What the exercise asks –
Below are the records; restate word for word the lines from the first through the one containing "memcpy addr_len (s", and only those.

Supplied data –
-- ===== src/Inet/Link.antt =====
-- The component of platform/Posix/components/ac_inet_link/srcs/ac_inet_link.c. The calls of the host
-- are parameters. What it prints, and the loop of its reader thread, are left out.
use sadie.Prelude.{
  ℕ, ◌+◌, ◌*◌, ◌-◌, ◌/◌, ◌%◌, ◌^◌, Bool, true, Option, none, some, List, [], ◌∷◌, length, ◌==◌, ltb,
  leb, if◌then◌else◌,
}
use sadie.Word.{null}
use sadie.Memory.{Memory, store, memcpy, memset}
use sadie.SwapBytes.{swap_u16}
use sadie.Inet.{
  ether_addr_len, ether_min_len, ether_hdr_len, ether_proto_arp, ipv4_addr_len, arp_len, store16,
  ac_arp_init, ac_ether_init,
}

-- The fields of the host's `struct sockaddr_ll`, by offset, its size, and AF_PACKET.
pub record SockaddrLl : Type 0 where
  pub size : ℕ
  pub family_at : ℕ
  pub protocol_at : ℕ
  pub ifindex_at : ℕ
  pub halen_at : ℕ
  pub addr_at : ℕ
  pub af_packet : ℕ

-- The fields of the struct at `s` before the address. An index has 32 bits.
abbrev pub put_fields : SockaddrLl → (s addr_len ifindex protocol : ℕ) → Memory → Memory
put_fields l s addr_len ifindex protocol mem =
    let m0 = memset l.size s 0 mem in
    let m1 = store16 m0 (s + l.family_at) l.af_packet in
    let m2 = store16 m1 (s + l.protocol_at) (swap_u16 protocol) in
    let m3 = store16 m2 (s + l.ifindex_at) ifindex in
    let m4 = store16 m3 (s + l.ifindex_at + 2) (ifindex / 2 ^ 16) in
    store m4 (s + l.halen_at) (addr_len % 2 ^ 8)

-- `init_sockaddr_ll`
unfoldable pub init_sockaddr_ll :
    SockaddrLl → (s addr_len addr ifindex protocol : ℕ) → Memory → Memory
init_sockaddr_ll l s addr_len addr ifindex protocol mem =
    memcpy addr_len (s + l.addr_at) addr (put_fields l s addr_len ifindex protocol mem)

-- `init_ether_broadcast_sockaddr_ll`, with its local array at `local`.
unfoldable pub init_ether_broadcast_sockaddr_ll :
    SockaddrLl → (s local ifindex protocol : ℕ) → Memory → Memory
unfolding init_sockaddr_ll
init_ether_broadcast_sockaddr_ll l s local ifindex protocol mem =
    init_sockaddr_ll l s ether_addr_len local ifindex protocol
      (memset ether_addr_len local 0xff mem)

-- A frame as `sendmsg` gathers it: its parts, by address and length.
abbrev pub Iovec : Type 0
Iovec = List (ℕ × ℕ)

abbrev pub frame_len : Iovec → ℕ
frame_len [] = 0
frame_len ((base, len) ∷ v) = len + frame_len v

abbrev pub frame_byte : Iovec → Memory → ℕ → ℕ
frame_byte [] mem i = 0
frame_byte ((base, len) ∷ v) mem i =
    let later = frame_byte v mem (i - len) in if ltb i len then mem (base + i) else later

-- Where `send_arp` keeps its variables, and the fields of the component that it reads.
pub record Places : Type 0 where
  pub dst_addr : ℕ
  pub local : ℕ
  pub arp_req : ℕ
  pub ether_hdr : ℕ
  pub ifmac_addr : ℕ
  pub sin_addr : ℕ
  pub padding : ℕ
  pub ifindex : ℕ

pub data SendArp : Type 0 where
  frame : Iovec → Memory → SendArp
  asserted : SendArp

abbrev pub load16 : Memory → ℕ → ℕ
load16 mem a = mem a + mem (a + 1) * 2 ^ 8

-- `send_arp`, up to the call of `send_packet`.
unfoldable pub send_arp :
    SockaddrLl → Places → (protocol proto_addr_len proto_addr : ℕ) → Memory → SendArp
unfolding init_ether_broadcast_sockaddr_ll ac_arp_init ac_ether_init
send_arp l v protocol proto_addr_len proto_addr mem =
    let m1 = init_ether_broadcast_sockaddr_ll l v.dst_addr v.local v.ifindex ether_proto_arp mem in
    let (arp_req_len, m2) =
      ac_arp_init v.arp_req 1 1 ether_addr_len protocol proto_addr_len v.ifmac_addr v.sin_addr null
        proto_addr m1 in
    let m3 =
      ac_ether_init v.ether_hdr v.dst_addr (v.arp_req + arp_len)
        (load16 m2 (v.dst_addr + l.protocol_at)) m2 in
    let len = ether_hdr_len + arp_len in
    let parts = (v.ether_hdr, ether_hdr_len) ∷ (v.arp_req, arp_len) ∷ [] in
    let padded =
      (v.ether_hdr, ether_hdr_len) ∷ (v.arp_req, arp_len) ∷ (v.padding, ether_min_len - len) ∷ [] in
    if arp_req_len == arp_len + (2 * ether_addr_len + 2 * ipv4_addr_len)
    then frame (if ltb len ether_min_len then padded else parts) m3
    else asserted

-- AC_STATUS_OK, AC_STATUS_BAD_PARAM and AC_STATUS_LINUX_ERR.
pub data LinkStatus : Type 0 where
  ok : LinkStatus
  bad_param : LinkStatus
  linux_err : (errno : ℕ) → LinkStatus

-- What a call of the host gives: a value, or an errno.
pub data Answer {ℓ} (A : Type ℓ) : Type ℓ where
  gives : A → Answer A
  errs : (errno : ℕ) → Answer A

-- The host's calls, and the size of `ifr_name`. An interface is asked for by its name.
pub record Host : Type 0 where
  pub name_size : ℕ
  pub socket : Answer ℕ
  pub setsockopt : Answer (Unit {0})
  pub ifindex : List ℕ → Answer ℕ
  pub hwaddr : List ℕ → Answer (List ℕ)
  pub ipv4 : List ℕ → Answer (List ℕ)
  pub starts_thread : Bool

-- The state of `AcCompIpv4LinkLayer`, of which `ifname` is constant.
pub record Link : Type 0 where
  pub fd : ℕ
  pub ifname_idx : ℕ
  pub ifindex : ℕ
  pub ifmac_addr : List ℕ
  pub ifipv4_addr : List ℕ
  pub reading : Bool

-- `set_ifname`
unfoldable pub set_ifname : Host → List ℕ → LinkStatus
set_ifname h name = if leb (h.name_size - 1) (length name) then bad_param else ok

-- The calls `get_ifindex`, `get_ethernet_mac_addr` and `get_ethernet_ipv4_addr`.
abbrev pub ask {ℓ} : {A : Type ℓ} → Host → (List ℕ → Answer A) → List ℕ → Option A
ask h call name = elim (set_ifname h name) [
  | ok ↦ elim (call name) [ gives a ↦ some a | errs e ↦ none ]
  | bad_param ↦ none
  | linux_err e ↦ none
]

-- The loop over the names, from index `idx` on: the first interface that has an index.
unfoldable pub first_ifindex : Host → (idx : ℕ) → List (List ℕ) → Option (ℕ × List ℕ × ℕ)
unfolding set_ifname
first_ifindex h idx [] = none
first_ifindex h idx (name ∷ names) =
    let rest = first_ifindex h (idx + 1) names in
    elim (ask h h.ifindex name) [ none ↦ rest | some i ↦ some (idx, name, i) ]

-- How a message ends: `ac_fail` and failed assertions stop the program, and otherwise the message is
-- returned to its pool.
pub data Processed : Type 0 where
  failed : Processed
  ret_msg : Link → Memory → Processed

-- `ac_memset` of the padding, an array of AC_ETHER_MIN_LEN bytes.
abbrev pub clear_padding : Places → Memory → Memory
clear_padding v mem = memset ether_min_len v.padding 0 mem

-- `AC_INIT_CMD`
unfoldable pub init_cmd : Host → List (List ℕ) → Places → Memory → Processed
unfolding first_ifindex
init_cmd h ifname v mem = elim h.socket [
  | errs e ↦ failed
  | gives fd ↦ elim h.setsockopt [
    | errs e ↦ failed
    | gives u ↦ elim (first_ifindex h 0 ifname) [
      | none ↦ failed
      | some (idx, name, ifindex) ↦ elim (ask h h.hwaddr name) [
        | none ↦ failed
        | some mac ↦ elim (ask h h.ipv4 name) [
          | none ↦ failed
          | some ipv4 ↦
              if h.starts_thread
              then ret_msg
                  (record {
                    fd = fd;
                    ifname_idx = idx;
                    ifindex = ifindex;
                    ifmac_addr = mac;
                    ifipv4_addr = ipv4;
                    reading = true;
                  })
                  (clear_padding v mem)
              else failed
        ]
      ]
    ]
  ]
]

-- The messages that the component knows, and any other.
pub data Op : Type 0 where
  init_cmd_op : Op
  deinit_cmd_op : Op
  send_arp_op : (proto proto_addr_len proto_addr : ℕ) → Op
  send_packet_op : Op
  other_op : Op

abbrev pub after_send : Link → SendArp → Processed
after_send link (frame v mem) = ret_msg link mem
after_send link asserted = failed

-- `comp_ipv4_ll_process_msg`. What `send_packet` returns is not looked at.
unfoldable pub process_msg :
    Host → List (List ℕ) → SockaddrLl → Places → Memory → Link → Op → Processed
unfolding init_cmd send_arp
process_msg h ifname l v mem link init_cmd_op = init_cmd h ifname v mem
process_msg h ifname l v mem link deinit_cmd_op = ret_msg link mem
process_msg h ifname l v mem link (send_arp_op proto len addr) =
    after_send link (send_arp l v proto len addr mem)
process_msg h ifname l v mem link send_packet_op = ret_msg link mem
process_msg h ifname l v mem link other_op = ret_msg link mem
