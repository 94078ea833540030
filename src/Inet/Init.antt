-- ===== src/Inet/Init.antt =====
-- Which interface AC_INIT_CMD takes.
use sadie.Prelude.{ℕ, ◌+◌, ◌≡◌, refl, ◌∙◌, ap, arith, none, some, List, [], ◌∷◌, ◌++◌, length, true}
use sadie.Inet.Link.{Host, gives, ask, Places, clear_padding, first_ifindex, init_cmd, ret_msg}
use sadie.Memory.{Memory}

-- Every name of the list has no index.
data HaveNone (h : Host) : List (List ℕ) → Type 0 where
  no_more : HaveNone h []
  has_none :
      {name : List ℕ} {names : List (List ℕ)}
      → ask h h.ifindex name ≡ none
      → HaveNone h names
      → HaveNone h (name ∷ names)

first_ifindex-first :
    (h : Host) (idx x : ℕ) (name : List ℕ) (before after : List (List ℕ))
    → HaveNone h before
    → ask h h.ifindex name ≡ some x
    → first_ifindex h idx (before ++ name ∷ after) ≡ some (idx + length before, name, x)
unfolding first_ifindex
first_ifindex-first h idx x name [] after no_more found =
    rw (first_ifindex, found) (ap (λ i. some (i, name, x)) (omega arith))
first_ifindex-first h idx x name (other ∷ before) after (has_none missing rest) found =
    rw (first_ifindex, missing)
      (first_ifindex-first h (idx + 1) x name before after rest found
        ∙ ap (λ i. some (i, name, x)) (omega arith))

-- AC_INIT_CMD takes the first of the names that has an index, whatever comes behind it: when the host
-- gives a socket, accepts its option, knows the two addresses of that interface and starts the reader
-- thread, the message is returned and the state holds the socket, the place of the name in the list,
-- the index and the addresses; the padding is cleared.
init_cmd-first :
    (h : Host) (fd x : ℕ) (name mac ipv4 : List ℕ) (before after : List (List ℕ)) (v : Places)
    (mem : Memory)
    → h.socket ≡ gives fd
    → h.setsockopt ≡ gives tt
    → HaveNone h before
    → ask h h.ifindex name ≡ some x
    → ask h h.hwaddr name ≡ some mac
    → ask h h.ipv4 name ≡ some ipv4
    → h.starts_thread ≡ true
    → init_cmd h (before ++ name ∷ after) v mem
      ≡ ret_msg
          (record {
            fd = fd;
            ifname_idx = length before;
            ifindex = x;
            ifmac_addr = mac;
            ifipv4_addr = ipv4;
            reading = true;
          })
          (clear_padding v mem)
unfolding init_cmd
init_cmd-first h fd x name mac ipv4 before after v mem sock opt nones found has_mac has_ipv4
      starts =
    let first : first_ifindex h 0 (before ++ name ∷ after) ≡ some (length before, name, x) =
      first_ifindex-first h 0 x name before after nones found
      ∙ ap (λ i. some (i, name, x)) (omega arith) in
    rw (sock, opt, first, has_mac, has_ipv4, starts) refl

Solution to this problem –
-- ===== src/Inet/Link.antt =====
-- The component of platform/Posix/components/ac_inet_link/srcs/ac_inet_link.c. The calls of the host
-- are parameters. What it prints, and the loop of its reader thread, are left out.
use sadie.Prelude.{
  ℕ, ◌+◌, ◌*◌, ◌-◌, ◌/◌, ◌%◌, ◌^◌, Bool, true, Option, none, some, List, [], ◌∷◌, length, ◌==◌, ltb,
  leb, if◌then◌else◌,
}
use sadie.Word.{null}
use sadie.Memory.{Memory, store, memcpy, memset}
use sadie.SwapBytes.{swap_u16}
use sadie.Inet.{
  ether_addr_len, ether_min_len, ether_hdr_len, ether_proto_arp, ipv4_addr_len, arp_len, store16,
  ac_arp_init, ac_ether_init,
}

-- The fields of the host's `struct sockaddr_ll`, by offset, its size, and AF_PACKET.
pub record SockaddrLl : Type 0 where
  pub size : ℕ
  pub family_at : ℕ
  pub protocol_at : ℕ
  pub ifindex_at : ℕ
  pub halen_at : ℕ
  pub addr_at : ℕ
  pub af_packet : ℕ

-- The fields of the struct at `s` before the address. An index has 32 bits.
abbrev pub put_fields : SockaddrLl → (s addr_len ifindex protocol : ℕ) → Memory → Memory
put_fields l s addr_len ifindex protocol mem =
    let m0 = memset l.size s 0 mem in
    let m1 = store16 m0 (s + l.family_at) l.af_packet in
    let m2 = store16 m1 (s + l.protocol_at) (swap_u16 protocol) in
    let m3 = store16 m2 (s + l.ifindex_at) ifindex in
    let m4 = store16 m3 (s + l.ifindex_at + 2) (ifindex / 2 ^ 16) in
    store m4 (s + l.halen_at) (addr_len % 2 ^ 8)

-- `init_sockaddr_ll`
unfoldable pub init_sockaddr_ll :
    SockaddrLl → (s addr_len addr ifindex protocol : ℕ) → Memory → Memory
init_sockaddr_ll l s addr_len addr ifindex protocol mem =
    memcpy addr_len (s + l.addr_at) addr (put_fields l s addr_len ifindex protocol mem)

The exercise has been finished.